▶ **Input material**:
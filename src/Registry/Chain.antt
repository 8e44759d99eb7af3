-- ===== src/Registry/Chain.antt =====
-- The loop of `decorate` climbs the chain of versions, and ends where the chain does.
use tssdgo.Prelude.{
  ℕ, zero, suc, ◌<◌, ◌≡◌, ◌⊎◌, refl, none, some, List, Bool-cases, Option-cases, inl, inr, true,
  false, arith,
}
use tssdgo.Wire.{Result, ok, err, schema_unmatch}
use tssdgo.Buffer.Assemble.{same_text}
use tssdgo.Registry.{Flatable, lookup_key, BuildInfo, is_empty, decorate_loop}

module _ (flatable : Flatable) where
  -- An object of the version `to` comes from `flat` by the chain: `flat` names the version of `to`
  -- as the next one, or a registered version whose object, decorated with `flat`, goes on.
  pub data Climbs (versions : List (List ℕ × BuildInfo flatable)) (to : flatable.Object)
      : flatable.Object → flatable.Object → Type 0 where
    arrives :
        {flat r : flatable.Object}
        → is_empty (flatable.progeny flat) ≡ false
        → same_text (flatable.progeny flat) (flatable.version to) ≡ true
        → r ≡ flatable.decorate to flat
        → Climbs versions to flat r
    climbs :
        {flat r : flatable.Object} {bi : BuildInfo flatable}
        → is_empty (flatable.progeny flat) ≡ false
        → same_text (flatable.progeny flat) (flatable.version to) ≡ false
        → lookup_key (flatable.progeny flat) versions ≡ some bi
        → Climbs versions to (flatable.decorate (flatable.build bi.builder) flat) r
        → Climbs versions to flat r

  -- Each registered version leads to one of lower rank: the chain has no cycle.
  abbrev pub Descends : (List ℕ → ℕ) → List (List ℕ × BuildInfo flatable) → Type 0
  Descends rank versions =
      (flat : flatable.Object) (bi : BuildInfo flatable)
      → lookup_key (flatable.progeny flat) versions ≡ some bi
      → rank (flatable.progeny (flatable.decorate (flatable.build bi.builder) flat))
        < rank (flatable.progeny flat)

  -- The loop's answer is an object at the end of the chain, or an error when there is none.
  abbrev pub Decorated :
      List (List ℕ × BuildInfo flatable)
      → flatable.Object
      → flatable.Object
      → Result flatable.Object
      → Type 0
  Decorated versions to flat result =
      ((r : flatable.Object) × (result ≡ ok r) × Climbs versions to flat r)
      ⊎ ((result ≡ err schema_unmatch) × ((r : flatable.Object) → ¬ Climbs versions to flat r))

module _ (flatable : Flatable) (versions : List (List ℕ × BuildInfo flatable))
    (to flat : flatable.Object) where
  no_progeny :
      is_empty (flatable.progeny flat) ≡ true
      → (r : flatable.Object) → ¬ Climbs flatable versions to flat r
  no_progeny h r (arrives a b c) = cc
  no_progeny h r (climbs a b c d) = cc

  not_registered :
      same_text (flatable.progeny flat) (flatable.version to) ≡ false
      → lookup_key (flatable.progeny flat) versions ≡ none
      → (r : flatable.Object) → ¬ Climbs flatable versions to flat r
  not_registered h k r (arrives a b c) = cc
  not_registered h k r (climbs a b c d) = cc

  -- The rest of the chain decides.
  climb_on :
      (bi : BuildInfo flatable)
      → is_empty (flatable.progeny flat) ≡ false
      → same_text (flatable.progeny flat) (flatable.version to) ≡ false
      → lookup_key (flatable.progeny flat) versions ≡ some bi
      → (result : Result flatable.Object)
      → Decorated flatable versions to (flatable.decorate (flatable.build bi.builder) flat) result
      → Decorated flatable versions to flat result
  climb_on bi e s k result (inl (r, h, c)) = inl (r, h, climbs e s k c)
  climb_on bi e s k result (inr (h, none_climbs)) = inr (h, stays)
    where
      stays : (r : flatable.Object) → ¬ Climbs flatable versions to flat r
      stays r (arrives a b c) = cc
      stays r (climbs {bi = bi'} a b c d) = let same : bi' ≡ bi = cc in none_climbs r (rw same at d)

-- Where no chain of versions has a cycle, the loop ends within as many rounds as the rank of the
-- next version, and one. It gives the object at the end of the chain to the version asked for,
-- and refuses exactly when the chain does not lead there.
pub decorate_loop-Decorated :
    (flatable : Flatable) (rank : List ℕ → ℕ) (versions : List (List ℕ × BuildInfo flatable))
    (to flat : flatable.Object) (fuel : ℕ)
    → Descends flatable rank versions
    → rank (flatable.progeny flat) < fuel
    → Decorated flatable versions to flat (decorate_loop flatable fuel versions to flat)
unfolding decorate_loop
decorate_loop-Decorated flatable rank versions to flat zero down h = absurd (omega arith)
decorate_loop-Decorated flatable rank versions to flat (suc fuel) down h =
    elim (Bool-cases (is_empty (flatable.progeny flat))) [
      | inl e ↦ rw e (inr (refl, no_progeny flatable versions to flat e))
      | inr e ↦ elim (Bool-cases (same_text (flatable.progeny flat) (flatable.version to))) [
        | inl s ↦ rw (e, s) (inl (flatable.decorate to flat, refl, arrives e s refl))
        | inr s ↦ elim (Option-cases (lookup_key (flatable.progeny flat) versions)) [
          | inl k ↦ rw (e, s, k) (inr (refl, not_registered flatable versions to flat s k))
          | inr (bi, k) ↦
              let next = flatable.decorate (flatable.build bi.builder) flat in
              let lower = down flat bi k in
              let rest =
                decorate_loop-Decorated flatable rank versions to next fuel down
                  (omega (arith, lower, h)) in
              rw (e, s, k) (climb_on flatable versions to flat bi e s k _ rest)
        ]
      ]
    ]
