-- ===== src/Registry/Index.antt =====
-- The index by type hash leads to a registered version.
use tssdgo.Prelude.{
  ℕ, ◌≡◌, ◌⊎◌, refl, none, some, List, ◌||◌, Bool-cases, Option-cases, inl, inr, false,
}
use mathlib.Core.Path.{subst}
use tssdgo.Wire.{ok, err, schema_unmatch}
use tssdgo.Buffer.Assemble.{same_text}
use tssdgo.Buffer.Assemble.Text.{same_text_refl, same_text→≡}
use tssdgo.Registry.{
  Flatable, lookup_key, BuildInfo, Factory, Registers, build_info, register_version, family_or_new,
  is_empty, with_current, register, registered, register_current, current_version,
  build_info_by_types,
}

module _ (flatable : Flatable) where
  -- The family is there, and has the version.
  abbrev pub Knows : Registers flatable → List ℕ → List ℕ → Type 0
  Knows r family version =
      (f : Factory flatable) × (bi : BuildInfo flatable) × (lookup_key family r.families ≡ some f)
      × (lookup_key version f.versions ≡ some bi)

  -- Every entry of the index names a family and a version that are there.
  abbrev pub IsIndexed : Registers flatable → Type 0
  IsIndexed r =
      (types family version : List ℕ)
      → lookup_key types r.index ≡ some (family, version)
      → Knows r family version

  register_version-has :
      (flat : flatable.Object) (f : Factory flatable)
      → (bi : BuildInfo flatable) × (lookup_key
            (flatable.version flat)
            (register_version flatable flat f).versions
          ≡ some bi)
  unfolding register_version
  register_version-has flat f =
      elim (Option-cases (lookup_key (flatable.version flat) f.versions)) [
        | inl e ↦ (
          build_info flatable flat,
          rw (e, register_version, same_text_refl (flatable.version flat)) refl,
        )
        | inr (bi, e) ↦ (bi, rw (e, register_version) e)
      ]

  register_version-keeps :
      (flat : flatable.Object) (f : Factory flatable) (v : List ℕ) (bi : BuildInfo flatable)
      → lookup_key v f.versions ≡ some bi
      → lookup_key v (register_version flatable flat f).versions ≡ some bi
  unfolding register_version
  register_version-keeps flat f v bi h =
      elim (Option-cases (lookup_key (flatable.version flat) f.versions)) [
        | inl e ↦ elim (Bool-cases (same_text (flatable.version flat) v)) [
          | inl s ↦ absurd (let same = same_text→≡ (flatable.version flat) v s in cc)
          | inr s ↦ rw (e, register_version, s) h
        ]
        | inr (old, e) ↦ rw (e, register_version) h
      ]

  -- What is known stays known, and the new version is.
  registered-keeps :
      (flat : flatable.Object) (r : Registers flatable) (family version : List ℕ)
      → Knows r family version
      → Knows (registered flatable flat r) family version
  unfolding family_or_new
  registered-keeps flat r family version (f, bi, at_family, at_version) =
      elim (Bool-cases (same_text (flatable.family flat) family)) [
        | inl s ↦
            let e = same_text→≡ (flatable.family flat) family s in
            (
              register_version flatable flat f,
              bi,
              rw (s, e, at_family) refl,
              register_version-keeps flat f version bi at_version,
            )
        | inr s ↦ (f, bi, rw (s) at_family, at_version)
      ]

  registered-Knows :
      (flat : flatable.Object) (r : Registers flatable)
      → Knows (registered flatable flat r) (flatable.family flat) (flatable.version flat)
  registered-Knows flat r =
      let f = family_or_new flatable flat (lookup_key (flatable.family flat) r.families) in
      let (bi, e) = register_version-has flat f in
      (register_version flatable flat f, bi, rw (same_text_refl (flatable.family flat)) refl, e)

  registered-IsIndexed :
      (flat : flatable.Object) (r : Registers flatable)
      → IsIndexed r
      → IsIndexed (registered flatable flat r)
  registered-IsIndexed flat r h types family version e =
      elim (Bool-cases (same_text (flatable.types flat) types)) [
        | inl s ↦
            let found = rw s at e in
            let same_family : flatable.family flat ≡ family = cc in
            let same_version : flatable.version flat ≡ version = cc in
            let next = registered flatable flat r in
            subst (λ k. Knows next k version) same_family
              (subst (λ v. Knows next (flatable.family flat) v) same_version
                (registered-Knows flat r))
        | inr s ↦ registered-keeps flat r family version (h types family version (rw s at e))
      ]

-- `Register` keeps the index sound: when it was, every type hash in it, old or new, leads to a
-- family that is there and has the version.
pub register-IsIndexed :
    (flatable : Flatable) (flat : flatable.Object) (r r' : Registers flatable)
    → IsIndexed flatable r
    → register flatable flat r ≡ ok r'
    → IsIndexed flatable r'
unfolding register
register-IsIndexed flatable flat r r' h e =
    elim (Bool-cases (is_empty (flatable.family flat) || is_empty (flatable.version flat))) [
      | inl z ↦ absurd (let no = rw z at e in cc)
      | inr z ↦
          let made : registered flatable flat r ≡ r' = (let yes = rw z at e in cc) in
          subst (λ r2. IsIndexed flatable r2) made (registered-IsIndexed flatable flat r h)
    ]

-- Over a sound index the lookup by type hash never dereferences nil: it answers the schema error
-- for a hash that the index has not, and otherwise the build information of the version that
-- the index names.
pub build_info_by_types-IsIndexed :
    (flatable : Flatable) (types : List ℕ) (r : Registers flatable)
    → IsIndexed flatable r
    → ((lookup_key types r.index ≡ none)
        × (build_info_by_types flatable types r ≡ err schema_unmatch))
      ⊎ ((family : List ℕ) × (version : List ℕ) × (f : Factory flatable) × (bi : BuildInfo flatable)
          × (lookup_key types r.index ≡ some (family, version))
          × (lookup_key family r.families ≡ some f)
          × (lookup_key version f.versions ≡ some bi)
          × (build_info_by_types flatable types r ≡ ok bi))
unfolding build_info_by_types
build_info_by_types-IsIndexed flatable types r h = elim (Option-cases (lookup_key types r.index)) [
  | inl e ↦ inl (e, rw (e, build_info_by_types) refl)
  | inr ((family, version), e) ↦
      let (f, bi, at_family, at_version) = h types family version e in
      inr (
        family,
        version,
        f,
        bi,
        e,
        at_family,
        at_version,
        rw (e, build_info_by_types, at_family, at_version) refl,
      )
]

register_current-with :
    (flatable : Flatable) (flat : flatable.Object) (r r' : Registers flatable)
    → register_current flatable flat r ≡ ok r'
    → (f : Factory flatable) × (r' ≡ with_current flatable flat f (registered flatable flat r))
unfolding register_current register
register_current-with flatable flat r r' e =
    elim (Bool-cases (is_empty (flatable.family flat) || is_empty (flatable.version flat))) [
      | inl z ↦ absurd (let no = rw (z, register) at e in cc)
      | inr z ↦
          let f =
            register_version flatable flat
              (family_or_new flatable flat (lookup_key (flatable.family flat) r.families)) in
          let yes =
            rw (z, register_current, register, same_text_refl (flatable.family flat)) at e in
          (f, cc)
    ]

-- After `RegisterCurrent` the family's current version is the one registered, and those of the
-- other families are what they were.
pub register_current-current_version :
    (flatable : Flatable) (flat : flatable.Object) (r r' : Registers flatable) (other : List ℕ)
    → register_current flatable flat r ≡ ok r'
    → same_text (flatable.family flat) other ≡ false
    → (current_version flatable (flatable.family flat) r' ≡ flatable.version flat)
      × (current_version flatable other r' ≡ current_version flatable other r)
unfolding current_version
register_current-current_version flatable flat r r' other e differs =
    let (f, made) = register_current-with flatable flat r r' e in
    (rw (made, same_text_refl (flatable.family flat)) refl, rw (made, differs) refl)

--

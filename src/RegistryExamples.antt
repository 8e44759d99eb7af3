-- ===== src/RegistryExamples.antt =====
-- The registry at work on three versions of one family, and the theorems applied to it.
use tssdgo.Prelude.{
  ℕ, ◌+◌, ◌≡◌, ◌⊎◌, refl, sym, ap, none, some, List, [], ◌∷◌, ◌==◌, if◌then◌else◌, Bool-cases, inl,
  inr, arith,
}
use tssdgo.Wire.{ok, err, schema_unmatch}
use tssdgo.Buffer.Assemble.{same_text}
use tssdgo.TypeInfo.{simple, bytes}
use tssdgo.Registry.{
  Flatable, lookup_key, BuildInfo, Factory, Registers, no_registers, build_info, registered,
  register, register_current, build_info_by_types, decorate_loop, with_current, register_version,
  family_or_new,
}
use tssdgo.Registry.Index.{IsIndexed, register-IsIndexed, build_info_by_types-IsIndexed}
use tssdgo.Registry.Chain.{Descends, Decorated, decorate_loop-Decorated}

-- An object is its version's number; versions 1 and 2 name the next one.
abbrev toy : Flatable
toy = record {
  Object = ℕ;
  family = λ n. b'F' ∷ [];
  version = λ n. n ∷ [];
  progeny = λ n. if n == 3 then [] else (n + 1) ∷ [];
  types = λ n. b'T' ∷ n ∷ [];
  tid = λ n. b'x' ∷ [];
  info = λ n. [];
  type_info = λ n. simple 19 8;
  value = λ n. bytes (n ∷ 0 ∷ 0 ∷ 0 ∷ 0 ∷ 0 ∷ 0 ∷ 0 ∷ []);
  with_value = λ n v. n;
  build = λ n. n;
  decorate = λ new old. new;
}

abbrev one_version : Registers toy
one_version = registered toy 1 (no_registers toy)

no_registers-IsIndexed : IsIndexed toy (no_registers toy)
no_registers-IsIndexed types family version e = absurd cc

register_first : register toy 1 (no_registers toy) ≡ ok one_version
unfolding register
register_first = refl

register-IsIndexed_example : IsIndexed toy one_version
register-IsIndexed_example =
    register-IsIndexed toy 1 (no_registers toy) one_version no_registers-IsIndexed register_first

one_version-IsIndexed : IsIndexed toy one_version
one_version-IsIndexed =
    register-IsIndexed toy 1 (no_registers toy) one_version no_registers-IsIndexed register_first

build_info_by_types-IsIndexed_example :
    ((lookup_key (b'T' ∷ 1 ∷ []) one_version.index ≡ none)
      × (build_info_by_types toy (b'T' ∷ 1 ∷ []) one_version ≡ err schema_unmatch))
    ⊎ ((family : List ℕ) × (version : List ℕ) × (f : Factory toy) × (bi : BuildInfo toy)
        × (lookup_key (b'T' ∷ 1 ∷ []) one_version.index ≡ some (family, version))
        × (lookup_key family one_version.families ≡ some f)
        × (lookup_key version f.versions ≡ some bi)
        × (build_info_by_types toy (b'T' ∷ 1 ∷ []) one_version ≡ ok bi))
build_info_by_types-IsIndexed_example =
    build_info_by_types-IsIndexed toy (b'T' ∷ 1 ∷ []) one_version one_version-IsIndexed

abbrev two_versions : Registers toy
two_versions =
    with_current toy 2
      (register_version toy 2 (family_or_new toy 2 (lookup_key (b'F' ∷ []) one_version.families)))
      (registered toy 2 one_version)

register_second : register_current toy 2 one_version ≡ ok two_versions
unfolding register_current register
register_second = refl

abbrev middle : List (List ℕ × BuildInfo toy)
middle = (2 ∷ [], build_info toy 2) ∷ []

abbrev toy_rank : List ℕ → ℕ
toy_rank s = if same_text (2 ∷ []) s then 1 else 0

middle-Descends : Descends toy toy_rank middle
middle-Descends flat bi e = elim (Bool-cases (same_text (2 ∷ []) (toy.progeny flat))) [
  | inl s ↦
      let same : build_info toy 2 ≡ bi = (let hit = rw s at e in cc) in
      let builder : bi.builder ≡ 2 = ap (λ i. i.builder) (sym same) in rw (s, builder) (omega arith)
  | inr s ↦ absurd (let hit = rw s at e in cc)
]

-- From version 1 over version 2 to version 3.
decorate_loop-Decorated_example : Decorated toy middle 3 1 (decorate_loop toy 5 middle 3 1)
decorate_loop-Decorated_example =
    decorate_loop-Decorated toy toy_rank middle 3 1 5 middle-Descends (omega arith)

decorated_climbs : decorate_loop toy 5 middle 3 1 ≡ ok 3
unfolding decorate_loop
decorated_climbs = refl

▶ **Requirement**:
Would you please repeat exactly the lines above, starting at the line with "let found = rw s at e in" and stopping at the line with "let next = registered", both included?

▶ **Solution for this problem**:
            let found = rw s at e in
            let same_family : flatable.family flat ≡ family = cc in
            let same_version : flatable.version flat ≡ version = cc in
            let next = registered flatable flat r in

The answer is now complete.